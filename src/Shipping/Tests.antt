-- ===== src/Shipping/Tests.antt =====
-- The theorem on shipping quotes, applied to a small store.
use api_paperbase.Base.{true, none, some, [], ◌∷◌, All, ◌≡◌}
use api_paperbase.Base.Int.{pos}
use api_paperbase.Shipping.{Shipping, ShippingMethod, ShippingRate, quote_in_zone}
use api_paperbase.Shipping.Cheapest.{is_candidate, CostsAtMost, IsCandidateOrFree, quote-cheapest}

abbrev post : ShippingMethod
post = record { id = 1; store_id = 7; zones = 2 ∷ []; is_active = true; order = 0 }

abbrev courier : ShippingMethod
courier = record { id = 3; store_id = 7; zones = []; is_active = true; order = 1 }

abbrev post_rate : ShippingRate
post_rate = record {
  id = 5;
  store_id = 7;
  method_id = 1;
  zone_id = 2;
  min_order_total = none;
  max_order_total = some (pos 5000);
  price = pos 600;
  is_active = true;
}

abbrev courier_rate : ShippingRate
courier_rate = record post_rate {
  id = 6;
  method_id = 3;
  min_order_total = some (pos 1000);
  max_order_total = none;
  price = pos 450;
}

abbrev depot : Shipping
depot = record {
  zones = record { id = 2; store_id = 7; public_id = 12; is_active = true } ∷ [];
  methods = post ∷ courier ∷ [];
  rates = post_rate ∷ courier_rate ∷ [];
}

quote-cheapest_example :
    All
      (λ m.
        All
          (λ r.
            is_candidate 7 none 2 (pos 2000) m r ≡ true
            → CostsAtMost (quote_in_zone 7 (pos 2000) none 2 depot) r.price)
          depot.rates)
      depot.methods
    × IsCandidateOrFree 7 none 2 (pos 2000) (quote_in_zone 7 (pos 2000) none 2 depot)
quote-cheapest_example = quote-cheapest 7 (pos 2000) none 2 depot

=== Task prompt ===
Copy every line of the material, please, keeping it exactly the same.

=== Reply to the exercise ===
filename src/Shipping/Tests.antt
-- ===== src/Shipping/Tests.antt =====
-- The theorem on shipping quotes, applied to a small store.
use api_paperbase.Base.{true, none, some, [], ◌∷◌, All, ◌≡◌}
use api_paperbase.Base.Int.{pos}
use api_paperbase.Shipping.{Shipping, ShippingMethod, ShippingRate, quote_in_zone}
use api_paperbase.Shipping.Cheapest.{is_candidate, CostsAtMost, IsCandidateOrFree, quote-cheapest}

abbrev post : ShippingMethod
post = record { id = 1; store_id = 7; zones = 2 ∷ []; is_active = true; order = 0 }

abbrev courier : ShippingMethod
courier = record { id = 3; store_id = 7; zones = []; is_active = true; order = 1 }

abbrev post_rate : ShippingRate
post_rate = record {
  id = 5;
  store_id = 7;
  method_id = 1;
  zone_id = 2;
  min_order_total = none;
  max_order_total = some (pos 5000);
  price = pos 600;
  is_active = true;
}

abbrev courier_rate : ShippingRate
courier_rate = record post_rate {
  id = 6;
  method_id = 3;
  min_order_total = some (pos 1000);
  max_order_total = none;
  price = pos 450;
}

abbrev depot : Shipping
depot = record {
  zones = record { id = 2; store_id = 7; public_id = 12; is_active = true } ∷ [];
  methods = post ∷ courier ∷ [];
  rates = post_rate ∷ courier_rate ∷ [];
}

quote-cheapest_example :
    All
      (λ m.
        All
          (λ r.
            is_candidate 7 none 2 (pos 2000) m r ≡ true
            → CostsAtMost (quote_in_zone 7 (pos 2000) none 2 depot) r.price)
          depot.rates)
      depot.methods
    × IsCandidateOrFree 7 none 2 (pos 2000) (quote_in_zone 7 (pos 2000) none 2 depot)
quote-cheapest_example = quote-cheapest 7 (pos 2000) none 2 depot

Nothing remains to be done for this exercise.